I am using a simple feedforward neural network setup where the inputs “ripple” through the layers starting from the inputs and come out the other end as outputs. The rocket simulation’s 7 output values will be the neural network’s inputs, and it should output 2 rocket control values to feed back to the simulation. However, as I found out from experimentation the rotation output presented a problem: as mentioned above it is supposed to be either negative to turn the rocket one way or positive to turn it the other way. This didn’t work very well and my rocket ended up only ever turning one way or not at all. Therefore I split up the rotation output into two outputs: one turns the rocket one way and the other the other way. Both are positive, but whichever is higher “wins” and turns the rocket its way, while the other output is ignored. So I ended up with 3 neural network outputs instead of 2, which have to be processed before passing the final 2 values to the simulation.

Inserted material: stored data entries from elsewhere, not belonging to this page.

-- ===== src/Base/Effect.antt =====
-- Errors, and calls that read and change the world outside the plug-in and may fail.
use Prim.Native.Nat.{ℕ}
use mathlib.Core.Path.{◌≡◌, refl}
use mathlib.Core.Bool.{Bool, true, false}
use mathlib.Core.Option.{Option, none, some}
use aviutl_psdtoolkit.Base.Tests.{if◌then◌else◌}
use aviutl_psdtoolkit.Base.Lists.{Chars}

-- The error codes that the code raises or tests. `hr` is an HRESULT, `ptk` a code of the plug-in,
-- `remote` the text of a failure in the renderer process. `overrun` is no code of the program: it
-- stands for a memory access outside an array, where C leaves the behaviour undefined.
pub data Error : Type 0 where
  fail unexpected invalid_argument null_pointer out_of_memory : Error
  not_sufficient_buffer not_found abort overrun : Error
  hr ptk : ℕ → Error
  remote : Chars → Error

pub data Result (A : Type 0) : Type 0 where
  ok : A → Result A
  err : Error → Result A

abbrev pub M : Type 0 → Type 0 → Type 0
M W A = W → Result A × W

-- The later call starts in the world that the first one leaves.
infixl 5 ◌>>=◌ ◌>>◌
unfoldable pub ◌>>=◌ : {W A B : Type 0} → M W A → (A → M W B) → M W B
◌>>=◌ m f w = let (r, w') = m w in elim r [ ok a ↦ f a w' | err e ↦ (err e, w') ]

abbrev pub ◌>>◌ : {W A B : Type 0} → M W A → M W B → M W B
m >> k = m >>= λ _. k

abbrev pub pure : {W A : Type 0} → A → M W A
pure a w = (ok a, w)

abbrev pub raise : {W A : Type 0} → Error → M W A
raise e w = (err e, w)

abbrev pub or_raise : {W A : Type 0} → Option A → Error → M W A
or_raise none e = raise e
or_raise (some a) e = pure a

-- The code at a label `cleanup`, which runs after a success and after an error, in the world that
-- the body leaves.
unfoldable pub finally : {W A : Type 0} → M W A → (Result A → W → Result A × W) → M W A
finally m f w = let (r, w') = m w in f r w'

-- The code that reports another error in place of the one that a call ended in.
unfoldable pub map_error : {W A : Type 0} → (Error → Error) → M W A → M W A
map_error f m = finally m (λ r w. elim r [ ok a ↦ (ok a, w) | err e ↦ (err (f e), w) ])

-- A result is a value that `P` holds of, or an error that `E` allows.
abbrev pub Allowed : {A : Type 0} → (Error → Type 0) → (A → Type 0) → Result A → Type 0
Allowed E P (ok a) = P a
Allowed E P (err e) = E e

-- In every world the call ends in an allowed result. With `NoError` it always succeeds.
pub record Meets {W A : Type 0} (E : Error → Type 0) (P : A → Type 0) (m : M W A) : Type 0 where
  pub run : (w : W) → Allowed E P (m w).0

abbrev pub NoError : Error → Type 0
NoError e = ⊥

abbrev pub Only : Error → Error → Type 0
Only e e' = e' ≡ e

weaken_Allowed :
    {A : Type 0} (E : Error → Type 0) {P Q : A → Type 0} (r : Result A)
    → Allowed E P r
    → ((a : A) → P a → Q a)
    → Allowed E Q r
weaken_Allowed E (ok a) h k = k a h
weaken_Allowed E (err e) h k = h

errors_Allowed :
    {A : Type 0} (E F : Error → Type 0) (P : A → Type 0) (r : Result A)
    → ((e : Error) → F e → E e)
    → Allowed F P r
    → Allowed E P r
errors_Allowed E F P (ok a) k h = h
errors_Allowed E F P (err e) k h = k e h

module _ {W : Type 0} {E : Error → Type 0} where
  pub pure-Meets : {A : Type 0} {P : A → Type 0} (a : A) → P a → Meets {W = W} E P (pure a)
  pure-Meets a h = record { run = λ w. h }

  pub raise-Meets : {A : Type 0} {P : A → Type 0} (e : Error) → E e → Meets {W = W} E P (raise e)
  raise-Meets e h = record { run = λ w. h }

  then_Allowed :
      {A B : Type 0} {P : A → Type 0} {Q : B → Type 0} (f : A → M W B) (r : Result A × W)
      → Allowed E P r.0
      → ((a : A) → P a → Meets E Q (f a))
      → Allowed E Q (((λ (v : W). r) >>= f) r.1).0
  unfolding ◌>>=◌
  then_Allowed f (ok a, w) h k = (k a h).run w
  then_Allowed f (err e, w) h k = h

  -- The rule for a sequence of two calls.
  pub >>=-Meets :
      {A B : Type 0} {P : A → Type 0} {Q : B → Type 0} {m : M W A} {f : A → M W B}
      → Meets E P m
      → ((a : A) → P a → Meets E Q (f a))
      → Meets E Q (m >>= f)
  unfolding ◌>>=◌
  >>=-Meets {m} {f} h k = record { run = λ w. then_Allowed f (m w) (h.run w) k }

  pub weaken-Meets :
      {A : Type 0} {P Q : A → Type 0} {m : M W A}
      → Meets E P m
      → ((a : A) → P a → Q a)
      → Meets E Q m
  weaken-Meets {m} h k = record { run = λ w. weaken_Allowed E (m w).0 (h.run w) k }

  -- A call that cannot fail fails only with what is allowed.
  pub certain-Meets : {A : Type 0} {P : A → Type 0} {m : M W A} → Meets NoError P m → Meets E P m
  certain-Meets {P} {m} h = record {
    run = λ w. errors_Allowed E NoError P (m w).0 (λ e. absurd) (h.run w);
  }

  pub errors-Meets :
      {A : Type 0} {F : Error → Type 0} {P : A → Type 0} {m : M W A}
      → ((e : Error) → F e → E e)
      → Meets F P m
      → Meets E P m
  errors-Meets {F} {P} {m} k h = record { run = λ w. errors_Allowed E F P (m w).0 k (h.run w) }

  -- The rule for a branch.
  pub if-Meets :
      {A : Type 0} {P : A → Type 0} (b : Bool) {x y : M W A}
      → (b ≡ true → Meets E P x)
      → (b ≡ false → Meets E P y)
      → Meets E P (if b then x else y)
  if-Meets true h k = h refl
  if-Meets false h k = k refl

There was another range-related problem on the input side. The position input has a higher range of values than the others since it can reach e.g. high hundreds or more whereas the rest stay an order of magnitude or more lower. This seemed to hinder finding good solutions, so I added a logarithmic scaling to reduce the effective range of these two inputs.

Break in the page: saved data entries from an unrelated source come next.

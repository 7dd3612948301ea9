-- ===== src/Base/Outcome.antt =====
-- What a call ends in when it starts from one world.
use aviutl_psdtoolkit.Base.Effect.{Error, Result, ok, err, M, ◌>>=◌, pure, raise, finally}

-- The result and the world that it leaves: `Q` of a value, or `R` of an error.
abbrev pub Ends : {W A : Type 0} → (A → W → Type 0) → (Error → W → Type 0) → Result A × W → Type 0
Ends Q R (ok a, w) = Q a w
Ends Q R (err e, w) = R e w

pub record From {W A : Type 0} (w : W) (Q : A → W → Type 0) (R : Error → W → Type 0) (m : M W A)
    : Type 0 where
  pub ends : Ends Q R (m w)

weaken_Ends :
    {W A : Type 0} {P Q : A → W → Type 0} (R : Error → W → Type 0) (r : Result A × W)
    → Ends P R r
    → ((a : A) (w' : W) → P a w' → Q a w')
    → Ends Q R r
weaken_Ends R (ok a, w) h k = k a w h
weaken_Ends R (err e, w) h k = h

pub map_Ends :
    {W A : Type 0} {P Q : A → W → Type 0} {R S : Error → W → Type 0} (r : Result A × W)
    → ((a : A) (w : W) → P a w → Q a w)
    → ((e : Error) (w : W) → R e w → S e w)
    → Ends P R r
    → Ends Q S r
map_Ends (ok a, w) f g h = f a w h
map_Ends (err e, w) f g h = g e w h

module _ {W : Type 0} {R : Error → W → Type 0} where
  pub pure-From : {A : Type 0} {Q : A → W → Type 0} {w : W} (a : A) → Q a w → From w Q R (pure a)
  pure-From a h = record { ends = h }

  pub raise-From :
      {A : Type 0} {Q : A → W → Type 0} {w : W} (e : Error) → R e w → From {A = A} w Q R (raise e)
  raise-From e h = record { ends = h }

  then_Ends :
      {A B : Type 0} {P : A → W → Type 0} {Q : B → W → Type 0} (f : A → M W B) (r : Result A × W)
      → Ends P R r
      → ((a : A) (w' : W) → P a w' → From w' Q R (f a))
      → Ends Q R (((λ (v : W). r) >>= f) r.1)
  unfolding ◌>>=◌
  then_Ends f (ok a, w) h k = (k a w h).ends
  then_Ends f (err e, w) h k = h

  pub >>=-From :
      {A B : Type 0} {P : A → W → Type 0} {Q : B → W → Type 0} {w : W} {m : M W A} {f : A → M W B}
      → From w P R m
      → ((a : A) (w' : W) → P a w' → From w' Q R (f a))
      → From w Q R (m >>= f)
  unfolding ◌>>=◌
  >>=-From {w} {m} {f} h k = record { ends = then_Ends f (m w) h.ends k }

  pub weaken-From :
      {A : Type 0} {P Q : A → W → Type 0} {w : W} {m : M W A}
      → From w P R m
      → ((a : A) (w' : W) → P a w' → Q a w')
      → From w Q R m
  weaken-From {w} {m} h k = record { ends = weaken_Ends R (m w) h.ends k }

tidied_Ends :
    {W A : Type 0} {P : A → W → Type 0} {R : Error → W → Type 0} (Q : A → W → Type 0)
    (S : Error → W → Type 0) (g : W → W) (r : Result A × W)
    → ((a : A) (w : W) → P a w → Q a (g w))
    → ((e : Error) (w : W) → R e w → S e (g w))
    → Ends P R r
    → Ends Q S (r.0, g r.1)
tidied_Ends Q S g (ok a, w) f k h = f a w h
tidied_Ends Q S g (err e, w) f k h = k e w h

-- The rule for a cleanup that changes the world only.
pub finally-From :
    {W A : Type 0} {P Q : A → W → Type 0} {R S : Error → W → Type 0} {w : W} {m : M W A} (g : W → W)
    → From w P R m
    → ((a : A) (w' : W) → P a w' → Q a (g w'))
    → ((e : Error) (w' : W) → R e w' → S e (g w'))
    → From w Q S (finally m (λ r w. (r, g w)))
unfolding finally
finally-From {Q} {S} {w} {m} g h f k = record { ends = tidied_Ends Q S g (m w) f k h.ends }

This leaves the question of how many layers of neurons do I need? There is no precise answer to this⁵ and I arrived at using a total of 4 layers by trial and error. The first 3 layers (starting with the input layer) each have 7 neurons and the last layer (the output layer) has 3.

The complete neural network

Now the network’s high level architecture is decided it still needs to be able to solve the problem. This means the weight and bias values have to be assigned, of which there are rather many: in total we have 3 x (7 x 8) + 3 x 8 = 192 numbers to assign. Clearly too many to find by trial and error! This is where the evolutionary algorithm comes in.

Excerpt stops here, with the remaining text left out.